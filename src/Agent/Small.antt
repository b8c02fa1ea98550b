-- ===== src/Agent/Small.antt =====
-- A small host on which the agent starts: its state is what the datastore was told.
use teleskop.Agent.Registered
use teleskop.Agent.Registered.{Registration}
use teleskop.Agent.Run.{Daemon}
use teleskop.Agent.Service.{Services}
use teleskop.Agent.Setup.{Datastore}
use teleskop.Agent.Started.{IsSilent, IsRefused, IsStarted, run_lem}
use teleskop.Agent.Tests.{
  no_iptables, no_libvirt, no_networks, no_netlink, no_osbrick, no_net, down,
}
use teleskop.Common.{◌⊎◌, refl, List, [], ◌∷◌, ◌++◌}
use teleskop.Cpu.Host.{Files}
use teleskop.Go.Moves.{Moves, Same}
use teleskop.Dhcp.Packet.{Wire}
use teleskop.Dhcp.Tests.{constants}
use teleskop.Go.Action.{pure, raise}
use teleskop.Go.Error.{ok, err}
use teleskop.Go.Keeps.{Keeps}
use teleskop.Go.Text.{Text, codes}

abbrev Told : Type 0
Told = List Registration

abbrev bond : Text
bond = codes "bond0.1000"

abbrev services : Services
services = record {
  iptables = no_iptables Told;
  libvirt = record no_libvirt { hostname = pure (codes "hv0") };
  networks = no_networks;
  netlink = record no_netlink {
    link_list = pure (bond ∷ []);
    link_by_name = pure;
    addr_list = λ link. pure ((192 ∷ 0 ∷ 2 ∷ 1 ∷ []) ∷ []);
  };
  osbrick = record no_osbrick { get_iqn = pure (codes "iqn.1993-08.org.debian:01:hv0") };
  net = no_net;
  interface_name = bond;
}

abbrev datastore : Datastore Told
datastore = record {
  list_bridge = pure [];
  register_teleskop_agent = λ hostname endpoint iqn nodes told. (
    ok tt,
    told ++ record { hostname = hostname; endpoint = endpoint; iqn = iqn; nodes = nodes } ∷ [],
  );
}

abbrev files : Files
files = record { glob = λ pattern. ok []; read_file = λ name. err down }

abbrev wire : Wire Told
wire = record {
  new_conn = λ address. raise down;
  close = pure tt;
  recv_dhcp = raise down;
  send_dhcp = λ resp to. raise down;
  get_dhcp_lease = λ mac. raise down;
}

-- The servers end at once.
abbrev daemon : Daemon Told
daemon = record {
  init_logger = pure tt;
  dial_libvirt = λ address. pure tt;
  connect_libvirt = pure tt;
  lib_version = pure 6000;
  listen = λ address. pure tt;
  dial_satelit = λ endpoint. pure tt;
  serve_agent = raise down;
  serve_metadata = λ address. raise down;
  group = λ servers. raise down;
}

abbrev told : Told → Told
told w = w

same : {A : Type 0} (a : A) → Keeps told (pure a)
same a = record { at = λ w. refl }

fails : {A : Type 0} → Moves {A = A} (Same told) (raise down)
fails = record { at = λ w. refl }

abbrev lawful : Registered.IsLawful services datastore told
lawful = record {
  registers = λ hostname endpoint iqn nodes w a h. refl;
  lists = same [];
  link = record {
    link_by_name = λ name. record { at = λ w. refl };
    link_by_index = λ index. fails;
    link_add = λ link. fails;
    link_del = λ link. fails;
    link_set_down = λ link. fails;
    link_set_no_master = λ link. fails;
    addr_list = λ link. record { at = λ w. refl };
    addr_del = λ link addr. fails;
    link_set_up = λ link. fails;
    link_set_master = λ link bridge. fails;
    veth_peer_index = λ link. fails;
    addr_add = λ link addr. fails;
  };
  network = record {
    lookup = λ name. fails;
    define = λ xml. fails;
    create = λ network. fails;
    destroy = λ network. fails;
    undefine = λ network. fails;
  };
  hostname = same _;
  iqn = same _;
}

silent : IsSilent daemon told
silent = record {
  init_logger = same tt;
  dial_libvirt = λ address. same tt;
  connect_libvirt = same tt;
  lib_version = same 6000;
  listen = λ address. same tt;
  dial_satelit = λ endpoint. same tt;
}

run_lem_example :
    IsRefused services datastore files constants wire daemon 3 (codes "127.0.0.1:9263") bond []
    ⊎ IsStarted services datastore files constants wire daemon told lawful 3
        (codes "127.0.0.1:9263")
        bond
        []
run_lem_example =
    run_lem services datastore files constants wire daemon told lawful (same (bond ∷ [])) silent 3
      (codes "127.0.0.1:9263") bond []
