-- ===== src/Lib.antt =====
-- A model of the program's core in C: the PHP extension that puts a system call filter on a script
-- (stage3/extension/seccomp.c), and the data structures, the helpers and the debugger protocol of the
-- tracing extension that finds out what scripts call (stage1/interpreter-tracing/TE_xdebug).
--
-- The program works in three stages. Stage 1 traces the interpreter, stage 2 collects for each script
-- the system calls it can reach and prints them as a profile (stage2/build-filters/main.go), one line
-- for each script, and stage 3 reads the profile at the start of PHP and loads the filter of the script
-- that the first request asks for.
--
-- The files, each named for its part:
--   Prelude: Boolean tests on the native ℕ, the integers and the list lemmas that all parts share.
--   Clib: what the code uses of the C language and its library. `Run` is the result of code that can
--     fault: a null pointer, an access out of bounds, a read of memory never written. Texts are lists
--     of bytes without their NUL. Clib/Text describes a text as the fields between its delimiters,
--     Clib/Ctype is ctype.h and strstr, Clib/Decimal is about the digits that printf prints and atoi
--     reads.
--   Seccomp/Libs: libseccomp and uthash as parameters, with the behaviour they document as laws.
--   Seccomp/Profile: `hash` and `create_seccomp_filter`. Its children prove what the parser reads
--     (Parse), what the hash is (Djb) and that the parser reads what stage 2 prints (Format).
--   Seccomp/Extension: PHP_MINIT_FUNCTION (`minit`), load_seccomp_profile and seccomp_execute_internal
--     on the state `Globals`, the global variables and the filters that the kernel has taken. The
--     settings are `Ini`, a request is `Request`. Filters is about the table of filters, Rules and
--     Load about the rules that reach the kernel, Requests about sequences of calls of the hook.
--   Xdebug/Bitset: xdebug_set.c. Bytes are numbers below 256; a position is checked against the memory.
--   Xdebug/Str: xdebug_str.c. A buffer is a list of bytes, none where nothing was written; every write
--     is checked against its length. Format is the loop of xdebug_sprintf, vsnprintf a parameter;
--     Append is about what is appended, Fetched about what is read from memory for it, Copy about copies
--     and Appends about code that appends one piece behind the other.
--   Xdebug/Llist: xdebug_llist.c on a heap of elements that point to their neighbours; malloc's result is an
--     argument. Chains says what list a heap holds, Linked and Insert are about insertion, Unlinked
--     and Remove about removal, Empty about the removal of all.
--   Xdebug/Hash: xdebug_hash.c, with each chain as the list of its elements. A destructor's calls are
--     the list of the values it is called with. Slots, Keys and Chains are about the parts of a
--     table, Table about the map that it stands for, Apply about walks over it.
--   Xdebug/Filter: xdebug_filter.c, on the fields of a stack entry that it reads and writes.
--   Xdebug/Branch: the paths and branches of xdebug_branch_info.c. Arrays is about their arrays, Paths
--     about paths, Keys about the text that a path has as its key, Info about the branches and their
--     updates, Find about the search of the paths.
--   Xdebug/Useful: usefulstuff.c. Url is the encoding of URLs and the conversion of paths, the engine's
--     look-up of a relative path a parameter; Explode is the splitting and joining of texts; Lines is
--     the reading of lines from a connection, on the pieces that read or recv returns; Filename is the
--     names of output files, from a format and the values of the engine in `Environment`.
--   Xdebug/Compat: xdebug_stripcslashes of xdebug_compat.c, Escaped about the escapes it undoes.
--   Xdebug/Xml: xdebug_xml.c and xdebug_xmlize of xdebug_var.c. A node with its child and the next node is
--     one tree; str_to_str and base64 of the engine are parameters. Escape and Unescape are
--     about entities, Print about the text of a tree, Clean about the NULs it does not have.
--   Xdebug/Dbgp: xdebug_handler_dbgp.c. parse_cmd is the state machine that reads a command; Accepts,
--     Given and Written are about commands as a client writes them, Refused about the others. Answer is
--     xdebug_dbgp_parse_option, the handlers a parameter, and make_message; Cases and Framed are about
--     these two, Commands about the table of commands.
--
-- Loops are structural recursion but for six. create_loop runs on fuel, one more than the bytes of the
-- text, which is enough since each round takes a byte at least; its theorems are about the function with
-- that fuel. The loop of xdebug_sprintf takes its rounds from an argument;
-- 31 are enough for a text of fewer than 2 ^ 30 bytes, since a round doubles the size or fits the text. find_path has the depth of the
-- recursion as its fuel; one more than the number of outs is enough, since each call takes a new edge.
-- explode_loop has one more than the text's length, since each round passes a delimiter;
-- the loop of xdebug_llist_empty has one more than the elements, since each round removes one;
-- the loop over strpbrk has one more than the text's bytes, since each round replaces one.
--
-- Allocation never fails here. 64-bit and 32-bit wrap-around is written out in the two hashes. An `int`
-- that holds a length or a count is a number of any size; that is what the code has as long as it is below
-- 2 ^ 31, or for a negative one not below -2 ^ 31. Four definitions go further: create_loop cuts the
-- numbers of a profile to an `int` (`atoi_int`), str_add_int keeps the low 32 bits of a length,
-- sprintf_loop faults where its `int size` overflows, and is_complete takes a `char` from 128 on as
-- negative. Not modelled: freeing memory, the engine's values, the
-- handlers of the debugger's commands, the other parts of the tracing extension, the Go and Python
-- tools but for the format of the profile.
pub mod Prelude
pub mod Clib
pub mod Seccomp
pub mod Xdebug
pub mod Tests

### Task to complete
Gather each line in the data that holds the string "heap".

### Task result
--   Xdebug/Llist: xdebug_llist.c on a heap of elements that point to their neighbours; malloc's result is an
--     argument. Chains says what list a heap holds, Linked and Insert are about insertion, Unlinked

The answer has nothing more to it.